** SOURCE DATA follows **

-- ===== src/OidcCallback.antt =====
-- web/src/lib/oidc-callback.ts: the callback URL that a provider has to send back to.
pub mod Segments
use mathlib.Core.Option
use purels.Base.{Option, [], if◌then◌else◌, map, some, ◌++◌, ◌||◌}
use purels.Js.Case.{CaseMapping}
use purels.Js.Text.{Text, drop_slashes, is_empty, text, trim}
use purels.Js.Uri.{encode_uri_component}

abbrev pub callback_path : Text → Text
callback_path segment = text "/api/v1/auth/oidc/" ++ (segment ++ text "/callback")

abbrev pub callback_base : Text → Text
callback_base redirect_base = drop_slashes (trim redirect_base)

abbrev pub callback_slug : CaseMapping → Text → Text
callback_slug case slug = case.to_lower (trim slug)

-- `none` is the URIError of a slug with half a surrogate pair.
unfoldable pub build_oidc_callback_url : CaseMapping → Text → Text → Option Text
unfolding drop_slashes trim encode_uri_component
build_oidc_callback_url case redirect_base slug =
    if is_empty (callback_base redirect_base) || is_empty (callback_slug case slug)
    then some []
    else Option.map (λ segment. callback_base redirect_base ++ callback_path segment)
        (encode_uri_component (callback_slug case slug))
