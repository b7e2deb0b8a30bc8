-- ===== src/OidcCallback/Segments.antt =====
-- The slug in the path of the callback.
use purels.Base.{
  Bool-cases, List, Option-cases, [], ap, inl, inr, refl, some, true, ◌++◌, ◌||◌, ◌∙◌, ◌∷◌, ◌≡◌,
  ◌⊎◌,
}
use purels.Js.Case.{CaseMapping}
use purels.Js.Text.{Text, is_empty, split_by, text}
use purels.Js.Text.Splitting.{HasNo, split_by-append}
use purels.Js.Uri.{encode_uri_component}
use purels.Js.Uri.Component.{IsComponent-HasNo, encode_uri_component-IsComponent, is_slash}
use purels.OidcCallback.{build_oidc_callback_url, callback_base, callback_path, callback_slug}

-- The parts between the slashes of a callback path.
abbrev pub callback_parts : Text → List Text
callback_parts segment =
    [] ∷ text "api" ∷ text "v1" ∷ text "auth" ∷ text "oidc" ∷ segment ∷ text "callback" ∷ []

callback_tail :
    (segment : Text)
    → HasNo is_slash segment
    → split_by is_slash (segment ++ text "/callback") ≡ segment ∷ text "callback" ∷ []
callback_tail segment h =
    split_by-append is_slash segment (text "callback") b'/' h refl
    ∙ ap (◌∷◌ segment) (unfold split_by in refl)

split_by-callback_path :
    (segment : Text)
    → HasNo is_slash segment
    → split_by is_slash (callback_path segment) ≡ callback_parts segment
unfolding split_by
split_by-callback_path segment h = rw (callback_tail segment h)

abbrev pub IsCallback : CaseMapping → Text → Text → Text → Type 0
IsCallback case redirect_base slug url =
    (segment : Text) × (encode_uri_component (callback_slug case slug) ≡ some segment)
    × (url ≡ callback_base redirect_base ++ callback_path segment)
    × (split_by is_slash (callback_path segment) ≡ callback_parts segment)

-- A callback URL that is built is empty where the base or the slug is empty, and otherwise the
-- base with a path whose parts between slashes are the fixed ones with the encoded slug as one
-- part of its own.
pub build_oidc_callback_url-IsCallback :
    (case : CaseMapping) (redirect_base slug url : Text)
    → build_oidc_callback_url case redirect_base slug ≡ some url
    → ((is_empty (callback_base redirect_base) || is_empty (callback_slug case slug) ≡ true)
        × (url ≡ []))
      ⊎ IsCallback case redirect_base slug url
unfolding build_oidc_callback_url
build_oidc_callback_url-IsCallback case redirect_base slug url h =
    elim (Bool-cases
      (is_empty (callback_base redirect_base) || is_empty (callback_slug case slug))) [
        | inl off ↦ inl (off, cc (rw off at h))
        | inr on ↦ elim (Option-cases (encode_uri_component (callback_slug case slug))) [
          | inl lone ↦ cc (rw (on, lone) at h)
          | inr (segment, e) ↦ inr (
            segment,
            e,
            cc (rw (on, e) at h),
            split_by-callback_path segment (
                IsComponent-HasNo segment
                  (encode_uri_component-IsComponent (callback_slug case slug) segment e)),
          )
        ]
      ]
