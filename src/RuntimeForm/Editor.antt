-- ===== src/RuntimeForm/Editor.antt =====
-- web/src/components/settings/runtime-form.tsx: loading, editing and saving one group of settings.
pub mod Flights
use purels.Base.{Bool, Option, [], false, if◌then◌else◌, none, not, some, true, ◌==◌, ◌∷◌}
use purels.I18n.Translate.Wording.{Thrown, api_error}
use purels.Js.Json.{Fields, Value, bool, end, field, obj, str, stringify}
use purels.Js.Number.{Numbers}
use purels.Js.Text.{Text, same}
use purels.RuntimeForm.{
  Changes, Draft, Raw, RuntimeGroup, Settings, changes, invalid, runtime_changes, runtime_draft,
  ticked, typed,
}

-- `{ ...current, [key]: value }`: a key that is there keeps its place.
unfoldable pub put_field : Draft → Text → Raw → Draft
unfolding same
put_field [] key raw = (key, raw) ∷ []
put_field ((k, r) ∷ fs) key raw =
    if same k key then (k, raw) ∷ fs else (k, r) ∷ put_field fs key raw

abbrev raw_json : Raw → Value
raw_json (typed s) = str s
raw_json (ticked b) = bool b

abbrev draft_fields : Draft → Fields
draft_fields [] = end
draft_fields ((k, r) ∷ fs) = field k (raw_json r) (draft_fields fs)

-- `JSON.stringify(draft)`.
unfoldable pub draft_json : Draft → Text
unfolding stringify
draft_json draft = stringify (obj (draft_fields draft))

abbrev is_conflict : Thrown → Bool
is_conflict (api_error e) = e.status == 409
is_conflict _ = false

-- What `errorText` is given, or the wording of an invalid number.
pub data Problem : Type 0 where
  load_failed : Thrown → Problem
  save_failed : Thrown → Problem
  invalid_number : Problem

module _ (n : Numbers) (group : RuntimeGroup) where
  open n use {Num}

  pub record Saved : Type 0 where
    pub revision : Num
    pub settings : Settings n

  pub data Answer : Type 0 where
    answered : Saved → Answer
    refused : Thrown → Answer

  -- The body of a PATCH.
  pub record Patch : Type 0 where
    pub base : Num
    pub edits : Settings n

  pub record Form : Type 0 where
    pub saved : Option Saved
    pub draft : Draft
    pub problem : Option Problem
    pub notice : Bool
    pub loading : Bool
    pub busy : Bool
    pub conflict : Bool

  abbrev pub mounted_form : Form
  mounted_form = record {
    saved = none;
    draft = [];
    problem = none;
    notice = false;
    loading = true;
    busy = false;
    conflict = false;
  }

  abbrev pub draft_of : Saved → Draft
  draft_of s = runtime_draft n s.settings group

  abbrev is_dirty_from : Option Saved → Draft → Bool
  is_dirty_from none draft = false
  is_dirty_from (some s) draft = not (same (draft_json draft) (draft_json (draft_of s)))

  unfoldable pub is_dirty : Form → Bool
  unfolding draft_json runtime_draft same
  is_dirty f = is_dirty_from f.saved f.draft

  -- `load`, before and after the answer.
  abbrev pub start_load : Form → Form
  start_load f = record f {
    saved = none;
    problem = none;
    notice = false;
    loading = true;
    conflict = false;
  }

  abbrev pub finish_load : Answer → Form → Form
  finish_load (answered s) f = record f { saved = some s; draft = draft_of s; loading = false }
  finish_load (refused e) f = record f { problem = some (load_failed e); loading = false }

  abbrev pub send_changes : Saved → Changes n → Form → Form × Option Patch
  send_changes s (invalid key) f = (record f { problem = some invalid_number }, none)
  send_changes s (changes []) f = (record f { draft = draft_of s }, none)
  send_changes s (changes (c ∷ cs)) f =
      (record f { busy = true }, some (record { base = s.revision; edits = c ∷ cs }))

  abbrev pub save_from : Option Saved → Form → Form × Option Patch
  save_from none f = (f, none)
  save_from (some s) f =
      if f.busy
      then (f, none)
      else send_changes s (runtime_changes n s.settings f.draft group)
          (record f { problem = none; notice = false })

  -- `save`, up to the request and after its answer.
  unfoldable pub save : Form → Form × Option Patch
  unfolding runtime_changes
  save f = save_from f.saved f

  abbrev pub finish_save : Answer → Form → Form
  finish_save (answered s) f = record f {
    saved = some s;
    draft = draft_of s;
    conflict = false;
    notice = true;
    busy = false;
  }
  finish_save (refused e) f = record f {
    conflict = is_conflict e;
    problem = some (save_failed e);
    busy = false;
  }

  abbrev pub edit : Text → Raw → Form → Form
  edit key raw f = record f { notice = false; draft = put_field f.draft key raw }

  abbrev pub discard : Saved → Form → Form
  discard s f = record f { draft = draft_of s; problem = none; notice = false }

** End of SOURCE DATA **

◆ PROBLEM TO WORK ON:
Look over the records above, and wherever a line contains the string "HasNo", copy that line.

◆ FINISHED TASK:
use purels.Js.Text.Splitting.{HasNo, split_by-append}
use purels.Js.Uri.Component.{IsComponent-HasNo, encode_uri_component-IsComponent, is_slash}
    → HasNo is_slash segment
    → HasNo is_slash segment
                IsComponent-HasNo segment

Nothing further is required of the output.